:: Task details ::
Begin with the first line of the entries below. Copy each line exactly, stopping after the one that contains "(size-erase old c.cache here, refl)".

━━━━━━━━━━━━━━━━━━━━

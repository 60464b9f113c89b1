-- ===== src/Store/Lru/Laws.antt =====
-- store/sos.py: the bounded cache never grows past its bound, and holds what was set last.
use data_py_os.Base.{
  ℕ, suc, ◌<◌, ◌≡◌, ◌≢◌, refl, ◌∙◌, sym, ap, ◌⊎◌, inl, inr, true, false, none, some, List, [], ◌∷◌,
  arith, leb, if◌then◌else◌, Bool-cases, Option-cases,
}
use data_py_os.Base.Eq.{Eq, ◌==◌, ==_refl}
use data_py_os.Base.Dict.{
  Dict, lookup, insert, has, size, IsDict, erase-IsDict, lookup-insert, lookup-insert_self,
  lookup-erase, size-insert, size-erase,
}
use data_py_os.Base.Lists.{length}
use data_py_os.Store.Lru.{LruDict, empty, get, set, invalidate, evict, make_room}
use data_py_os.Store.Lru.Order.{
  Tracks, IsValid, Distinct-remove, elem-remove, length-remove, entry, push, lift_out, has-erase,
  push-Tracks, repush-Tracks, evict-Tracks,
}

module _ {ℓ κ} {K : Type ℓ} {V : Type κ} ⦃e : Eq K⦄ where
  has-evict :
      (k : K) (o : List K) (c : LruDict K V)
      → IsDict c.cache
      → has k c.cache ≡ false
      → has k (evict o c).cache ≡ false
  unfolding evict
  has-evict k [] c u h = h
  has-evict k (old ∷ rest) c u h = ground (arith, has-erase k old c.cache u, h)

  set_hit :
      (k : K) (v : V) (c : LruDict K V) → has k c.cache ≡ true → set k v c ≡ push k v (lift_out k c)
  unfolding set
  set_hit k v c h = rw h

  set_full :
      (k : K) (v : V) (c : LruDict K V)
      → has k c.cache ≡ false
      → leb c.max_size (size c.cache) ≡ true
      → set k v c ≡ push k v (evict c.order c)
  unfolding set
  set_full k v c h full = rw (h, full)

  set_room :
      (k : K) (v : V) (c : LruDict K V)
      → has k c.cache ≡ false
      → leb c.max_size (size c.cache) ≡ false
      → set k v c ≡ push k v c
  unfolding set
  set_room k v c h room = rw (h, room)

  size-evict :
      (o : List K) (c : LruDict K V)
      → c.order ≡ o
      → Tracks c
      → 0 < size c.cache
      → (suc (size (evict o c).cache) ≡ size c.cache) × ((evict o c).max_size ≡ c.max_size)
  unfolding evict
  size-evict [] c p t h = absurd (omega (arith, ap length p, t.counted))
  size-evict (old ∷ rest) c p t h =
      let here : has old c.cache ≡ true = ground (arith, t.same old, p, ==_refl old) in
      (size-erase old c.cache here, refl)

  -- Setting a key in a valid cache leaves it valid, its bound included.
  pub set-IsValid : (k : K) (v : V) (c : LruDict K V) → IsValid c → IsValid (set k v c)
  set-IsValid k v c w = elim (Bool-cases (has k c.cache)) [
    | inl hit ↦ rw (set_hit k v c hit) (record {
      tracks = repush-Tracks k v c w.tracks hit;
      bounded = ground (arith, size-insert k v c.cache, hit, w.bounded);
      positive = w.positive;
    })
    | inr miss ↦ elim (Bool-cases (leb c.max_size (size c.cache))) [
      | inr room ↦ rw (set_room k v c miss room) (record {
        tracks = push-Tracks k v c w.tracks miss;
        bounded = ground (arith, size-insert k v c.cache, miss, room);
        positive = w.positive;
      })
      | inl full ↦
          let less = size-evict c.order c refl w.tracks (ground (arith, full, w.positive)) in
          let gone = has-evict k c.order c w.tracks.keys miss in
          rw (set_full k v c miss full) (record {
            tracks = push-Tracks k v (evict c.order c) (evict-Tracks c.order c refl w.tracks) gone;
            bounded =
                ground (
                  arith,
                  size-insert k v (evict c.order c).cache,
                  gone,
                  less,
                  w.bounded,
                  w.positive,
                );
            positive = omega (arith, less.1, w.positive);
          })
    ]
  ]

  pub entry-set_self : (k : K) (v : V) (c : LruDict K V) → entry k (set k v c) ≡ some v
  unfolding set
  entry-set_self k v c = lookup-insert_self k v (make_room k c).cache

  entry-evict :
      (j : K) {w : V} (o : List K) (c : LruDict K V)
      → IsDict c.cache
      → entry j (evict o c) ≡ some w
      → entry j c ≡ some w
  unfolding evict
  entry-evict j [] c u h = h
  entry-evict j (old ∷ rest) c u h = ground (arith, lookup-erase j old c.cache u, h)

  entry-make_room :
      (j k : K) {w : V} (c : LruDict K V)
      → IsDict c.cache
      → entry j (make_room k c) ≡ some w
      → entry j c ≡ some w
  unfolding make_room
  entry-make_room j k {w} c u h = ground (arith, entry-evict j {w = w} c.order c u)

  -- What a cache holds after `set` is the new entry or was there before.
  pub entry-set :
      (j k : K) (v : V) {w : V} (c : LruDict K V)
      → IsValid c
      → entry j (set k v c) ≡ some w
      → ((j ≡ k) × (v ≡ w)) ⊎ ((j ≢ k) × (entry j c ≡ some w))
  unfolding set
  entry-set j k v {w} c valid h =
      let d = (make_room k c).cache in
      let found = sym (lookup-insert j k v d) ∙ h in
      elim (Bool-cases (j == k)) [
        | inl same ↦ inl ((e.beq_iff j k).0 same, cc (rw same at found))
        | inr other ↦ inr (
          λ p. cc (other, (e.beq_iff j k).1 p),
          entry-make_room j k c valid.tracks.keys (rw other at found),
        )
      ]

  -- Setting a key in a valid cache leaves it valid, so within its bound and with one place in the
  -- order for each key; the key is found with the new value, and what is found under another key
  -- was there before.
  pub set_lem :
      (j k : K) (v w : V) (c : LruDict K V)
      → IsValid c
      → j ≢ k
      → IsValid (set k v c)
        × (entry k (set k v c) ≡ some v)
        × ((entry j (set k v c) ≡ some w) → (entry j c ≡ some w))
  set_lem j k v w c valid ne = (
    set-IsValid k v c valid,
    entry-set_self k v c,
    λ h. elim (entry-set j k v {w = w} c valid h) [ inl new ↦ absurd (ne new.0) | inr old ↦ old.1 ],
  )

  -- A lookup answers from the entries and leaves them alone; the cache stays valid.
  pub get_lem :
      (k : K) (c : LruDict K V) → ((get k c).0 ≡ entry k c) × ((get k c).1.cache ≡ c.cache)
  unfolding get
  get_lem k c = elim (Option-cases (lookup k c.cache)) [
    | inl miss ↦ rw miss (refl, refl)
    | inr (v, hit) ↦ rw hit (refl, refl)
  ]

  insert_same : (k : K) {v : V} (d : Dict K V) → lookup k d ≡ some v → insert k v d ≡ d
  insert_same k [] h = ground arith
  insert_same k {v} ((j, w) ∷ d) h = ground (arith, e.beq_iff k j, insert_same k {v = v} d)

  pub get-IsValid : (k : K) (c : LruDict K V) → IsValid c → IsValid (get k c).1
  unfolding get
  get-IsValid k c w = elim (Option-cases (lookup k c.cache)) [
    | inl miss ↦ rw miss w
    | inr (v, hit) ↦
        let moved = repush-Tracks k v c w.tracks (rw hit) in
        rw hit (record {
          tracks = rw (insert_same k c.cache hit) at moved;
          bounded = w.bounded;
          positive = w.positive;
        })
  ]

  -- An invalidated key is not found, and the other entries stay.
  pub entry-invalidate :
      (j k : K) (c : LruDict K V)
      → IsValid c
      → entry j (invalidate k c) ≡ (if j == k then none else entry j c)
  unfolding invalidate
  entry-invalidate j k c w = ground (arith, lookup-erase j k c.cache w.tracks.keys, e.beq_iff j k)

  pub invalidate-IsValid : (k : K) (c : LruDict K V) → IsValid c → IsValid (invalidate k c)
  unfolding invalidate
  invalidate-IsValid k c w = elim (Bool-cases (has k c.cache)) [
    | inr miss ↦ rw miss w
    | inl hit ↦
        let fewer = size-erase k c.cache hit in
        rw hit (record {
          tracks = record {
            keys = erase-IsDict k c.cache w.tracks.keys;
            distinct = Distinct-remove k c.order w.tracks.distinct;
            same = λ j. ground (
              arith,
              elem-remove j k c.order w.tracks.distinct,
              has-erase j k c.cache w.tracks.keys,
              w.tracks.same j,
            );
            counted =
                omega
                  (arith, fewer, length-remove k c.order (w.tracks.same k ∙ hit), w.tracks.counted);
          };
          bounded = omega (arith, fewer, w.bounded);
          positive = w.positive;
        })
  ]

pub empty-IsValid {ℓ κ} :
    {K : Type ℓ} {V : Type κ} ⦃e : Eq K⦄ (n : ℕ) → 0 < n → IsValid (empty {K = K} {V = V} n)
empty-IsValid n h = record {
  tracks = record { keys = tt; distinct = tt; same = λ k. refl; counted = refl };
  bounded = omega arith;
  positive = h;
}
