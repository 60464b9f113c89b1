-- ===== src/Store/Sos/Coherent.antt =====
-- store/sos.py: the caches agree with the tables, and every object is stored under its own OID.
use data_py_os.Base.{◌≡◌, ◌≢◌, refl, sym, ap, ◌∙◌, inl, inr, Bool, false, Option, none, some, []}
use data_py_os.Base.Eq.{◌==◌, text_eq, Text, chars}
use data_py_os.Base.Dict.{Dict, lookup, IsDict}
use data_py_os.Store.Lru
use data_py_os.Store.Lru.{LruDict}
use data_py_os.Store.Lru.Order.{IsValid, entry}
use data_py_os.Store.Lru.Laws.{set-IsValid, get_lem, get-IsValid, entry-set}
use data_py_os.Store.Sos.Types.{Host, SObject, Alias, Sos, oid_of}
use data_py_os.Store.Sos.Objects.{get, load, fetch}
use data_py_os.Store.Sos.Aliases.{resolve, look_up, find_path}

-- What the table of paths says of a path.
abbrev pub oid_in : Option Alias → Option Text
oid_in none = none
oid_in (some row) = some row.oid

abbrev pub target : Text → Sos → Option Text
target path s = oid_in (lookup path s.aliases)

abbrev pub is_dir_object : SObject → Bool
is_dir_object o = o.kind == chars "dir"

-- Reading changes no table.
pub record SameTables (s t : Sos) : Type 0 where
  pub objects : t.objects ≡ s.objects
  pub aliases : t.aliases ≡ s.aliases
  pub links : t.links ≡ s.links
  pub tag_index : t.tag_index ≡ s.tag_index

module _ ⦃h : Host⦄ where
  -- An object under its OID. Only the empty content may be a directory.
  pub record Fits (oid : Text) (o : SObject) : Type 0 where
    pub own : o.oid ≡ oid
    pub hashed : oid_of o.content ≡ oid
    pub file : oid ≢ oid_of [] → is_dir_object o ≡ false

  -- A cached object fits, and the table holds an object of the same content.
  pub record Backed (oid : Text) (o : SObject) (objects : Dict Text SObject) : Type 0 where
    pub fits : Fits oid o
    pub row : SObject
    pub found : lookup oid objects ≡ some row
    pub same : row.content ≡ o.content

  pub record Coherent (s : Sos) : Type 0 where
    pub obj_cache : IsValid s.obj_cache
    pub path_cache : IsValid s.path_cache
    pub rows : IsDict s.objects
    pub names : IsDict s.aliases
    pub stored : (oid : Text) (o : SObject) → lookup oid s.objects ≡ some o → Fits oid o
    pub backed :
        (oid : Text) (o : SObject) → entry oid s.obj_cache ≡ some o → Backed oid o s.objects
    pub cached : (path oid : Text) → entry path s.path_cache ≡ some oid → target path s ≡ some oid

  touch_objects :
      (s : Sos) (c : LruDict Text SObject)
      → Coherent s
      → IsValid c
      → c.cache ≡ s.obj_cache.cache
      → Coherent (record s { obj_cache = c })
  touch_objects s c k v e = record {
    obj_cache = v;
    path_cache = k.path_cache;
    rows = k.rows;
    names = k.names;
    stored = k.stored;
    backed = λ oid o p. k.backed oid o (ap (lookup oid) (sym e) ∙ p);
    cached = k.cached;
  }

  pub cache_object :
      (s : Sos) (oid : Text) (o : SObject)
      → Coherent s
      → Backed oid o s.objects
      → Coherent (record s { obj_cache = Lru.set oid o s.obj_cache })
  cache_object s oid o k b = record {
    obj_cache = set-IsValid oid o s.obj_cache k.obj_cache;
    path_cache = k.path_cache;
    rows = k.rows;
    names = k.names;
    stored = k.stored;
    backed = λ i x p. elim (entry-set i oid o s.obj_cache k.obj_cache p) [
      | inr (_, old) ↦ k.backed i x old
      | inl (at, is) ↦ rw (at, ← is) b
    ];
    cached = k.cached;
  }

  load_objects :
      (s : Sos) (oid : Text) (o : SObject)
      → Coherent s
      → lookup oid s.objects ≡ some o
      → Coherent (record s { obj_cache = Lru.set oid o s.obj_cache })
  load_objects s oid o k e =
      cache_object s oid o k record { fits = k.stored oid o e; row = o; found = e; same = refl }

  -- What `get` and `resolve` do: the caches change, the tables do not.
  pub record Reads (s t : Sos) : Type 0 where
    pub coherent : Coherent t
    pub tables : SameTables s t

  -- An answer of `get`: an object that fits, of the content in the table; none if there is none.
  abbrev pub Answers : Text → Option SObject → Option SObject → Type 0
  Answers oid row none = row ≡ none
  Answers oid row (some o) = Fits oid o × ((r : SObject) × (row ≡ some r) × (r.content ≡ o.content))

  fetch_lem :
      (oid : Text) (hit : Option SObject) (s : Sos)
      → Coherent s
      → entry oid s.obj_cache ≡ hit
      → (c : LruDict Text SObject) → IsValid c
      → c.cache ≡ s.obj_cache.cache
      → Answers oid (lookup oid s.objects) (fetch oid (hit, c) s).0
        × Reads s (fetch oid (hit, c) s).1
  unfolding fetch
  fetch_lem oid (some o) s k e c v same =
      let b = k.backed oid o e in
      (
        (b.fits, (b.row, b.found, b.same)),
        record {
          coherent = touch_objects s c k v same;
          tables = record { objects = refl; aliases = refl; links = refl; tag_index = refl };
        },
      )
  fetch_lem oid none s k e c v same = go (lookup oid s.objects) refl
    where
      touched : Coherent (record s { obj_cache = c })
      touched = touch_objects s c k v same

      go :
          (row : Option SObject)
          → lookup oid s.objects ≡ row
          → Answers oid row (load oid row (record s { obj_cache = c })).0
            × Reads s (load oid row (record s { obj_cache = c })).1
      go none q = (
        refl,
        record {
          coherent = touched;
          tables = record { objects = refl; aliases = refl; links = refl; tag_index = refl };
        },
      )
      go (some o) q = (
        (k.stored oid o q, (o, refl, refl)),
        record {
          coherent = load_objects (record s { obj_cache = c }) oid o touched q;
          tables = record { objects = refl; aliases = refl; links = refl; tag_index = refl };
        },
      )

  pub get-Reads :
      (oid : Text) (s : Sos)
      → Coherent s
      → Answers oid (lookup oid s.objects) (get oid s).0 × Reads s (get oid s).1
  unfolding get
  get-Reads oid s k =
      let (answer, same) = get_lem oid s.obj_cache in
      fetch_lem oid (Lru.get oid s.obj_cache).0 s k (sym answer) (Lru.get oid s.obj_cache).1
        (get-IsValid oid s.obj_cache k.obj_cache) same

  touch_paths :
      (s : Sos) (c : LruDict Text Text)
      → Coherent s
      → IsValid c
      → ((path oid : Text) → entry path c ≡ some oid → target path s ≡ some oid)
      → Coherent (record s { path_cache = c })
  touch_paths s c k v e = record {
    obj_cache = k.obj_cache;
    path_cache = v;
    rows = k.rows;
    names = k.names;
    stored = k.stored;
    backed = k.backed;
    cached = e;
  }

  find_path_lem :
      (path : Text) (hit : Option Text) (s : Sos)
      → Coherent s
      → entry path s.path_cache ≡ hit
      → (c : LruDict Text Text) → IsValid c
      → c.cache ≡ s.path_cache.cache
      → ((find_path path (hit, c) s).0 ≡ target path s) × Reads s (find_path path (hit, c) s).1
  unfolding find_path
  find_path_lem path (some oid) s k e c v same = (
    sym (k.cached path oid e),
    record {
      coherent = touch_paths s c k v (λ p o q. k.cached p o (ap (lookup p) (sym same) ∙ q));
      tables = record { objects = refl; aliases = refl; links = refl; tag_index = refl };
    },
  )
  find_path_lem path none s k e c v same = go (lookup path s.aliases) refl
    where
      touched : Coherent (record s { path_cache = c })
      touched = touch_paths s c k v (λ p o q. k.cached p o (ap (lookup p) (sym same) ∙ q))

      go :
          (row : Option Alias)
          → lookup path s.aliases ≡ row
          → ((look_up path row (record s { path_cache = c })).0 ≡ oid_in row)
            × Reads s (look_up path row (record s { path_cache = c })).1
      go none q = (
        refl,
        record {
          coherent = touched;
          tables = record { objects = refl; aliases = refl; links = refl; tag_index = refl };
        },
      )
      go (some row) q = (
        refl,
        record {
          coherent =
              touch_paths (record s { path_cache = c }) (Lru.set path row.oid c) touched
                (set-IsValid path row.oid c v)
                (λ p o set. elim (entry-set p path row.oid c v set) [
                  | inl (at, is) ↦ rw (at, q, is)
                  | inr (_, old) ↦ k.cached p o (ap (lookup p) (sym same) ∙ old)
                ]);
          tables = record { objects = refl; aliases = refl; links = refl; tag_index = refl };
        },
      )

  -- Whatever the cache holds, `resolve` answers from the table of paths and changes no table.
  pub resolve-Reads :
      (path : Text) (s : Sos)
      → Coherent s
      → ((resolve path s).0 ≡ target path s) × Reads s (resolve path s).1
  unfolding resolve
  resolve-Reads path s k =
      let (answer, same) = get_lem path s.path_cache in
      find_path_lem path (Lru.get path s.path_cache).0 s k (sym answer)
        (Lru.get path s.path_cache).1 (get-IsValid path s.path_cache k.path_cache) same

━━━━━━━━━━━━━━━━━━━━

:: Exercise result ::
repository 60464b9f113c89b1
-- ===== src/Store/Lru/Laws.antt =====
-- store/sos.py: the bounded cache never grows past its bound, and holds what was set last.
use data_py_os.Base.{
  ℕ, suc, ◌<◌, ◌≡◌, ◌≢◌, refl, ◌∙◌, sym, ap, ◌⊎◌, inl, inr, true, false, none, some, List, [], ◌∷◌,
  arith, leb, if◌then◌else◌, Bool-cases, Option-cases,
}
use data_py_os.Base.Eq.{Eq, ◌==◌, ==_refl}
use data_py_os.Base.Dict.{
  Dict, lookup, insert, has, size, IsDict, erase-IsDict, lookup-insert, lookup-insert_self,
  lookup-erase, size-insert, size-erase,
}
use data_py_os.Base.Lists.{length}
use data_py_os.Store.Lru.{LruDict, empty, get, set, invalidate, evict, make_room}
use data_py_os.Store.Lru.Order.{
  Tracks, IsValid, Distinct-remove, elem-remove, length-remove, entry, push, lift_out, has-erase,
  push-Tracks, repush-Tracks, evict-Tracks,
}

module _ {ℓ κ} {K : Type ℓ} {V : Type κ} ⦃e : Eq K⦄ where
  has-evict :
      (k : K) (o : List K) (c : LruDict K V)
      → IsDict c.cache
      → has k c.cache ≡ false
      → has k (evict o c).cache ≡ false
  unfolding evict
  has-evict k [] c u h = h
  has-evict k (old ∷ rest) c u h = ground (arith, has-erase k old c.cache u, h)

  set_hit :
      (k : K) (v : V) (c : LruDict K V) → has k c.cache ≡ true → set k v c ≡ push k v (lift_out k c)
  unfolding set
  set_hit k v c h = rw h

  set_full :
      (k : K) (v : V) (c : LruDict K V)
      → has k c.cache ≡ false
      → leb c.max_size (size c.cache) ≡ true
      → set k v c ≡ push k v (evict c.order c)
  unfolding set
  set_full k v c h full = rw (h, full)

  set_room :
      (k : K) (v : V) (c : LruDict K V)
      → has k c.cache ≡ false
      → leb c.max_size (size c.cache) ≡ false
      → set k v c ≡ push k v c
  unfolding set
  set_room k v c h room = rw (h, room)

  size-evict :
      (o : List K) (c : LruDict K V)
      → c.order ≡ o
      → Tracks c
      → 0 < size c.cache
      → (suc (size (evict o c).cache) ≡ size c.cache) × ((evict o c).max_size ≡ c.max_size)
  unfolding evict
  size-evict [] c p t h = absurd (omega (arith, ap length p, t.counted))
  size-evict (old ∷ rest) c p t h =
      let here : has old c.cache ≡ true = ground (arith, t.same old, p, ==_refl old) in
      (size-erase old c.cache here, refl)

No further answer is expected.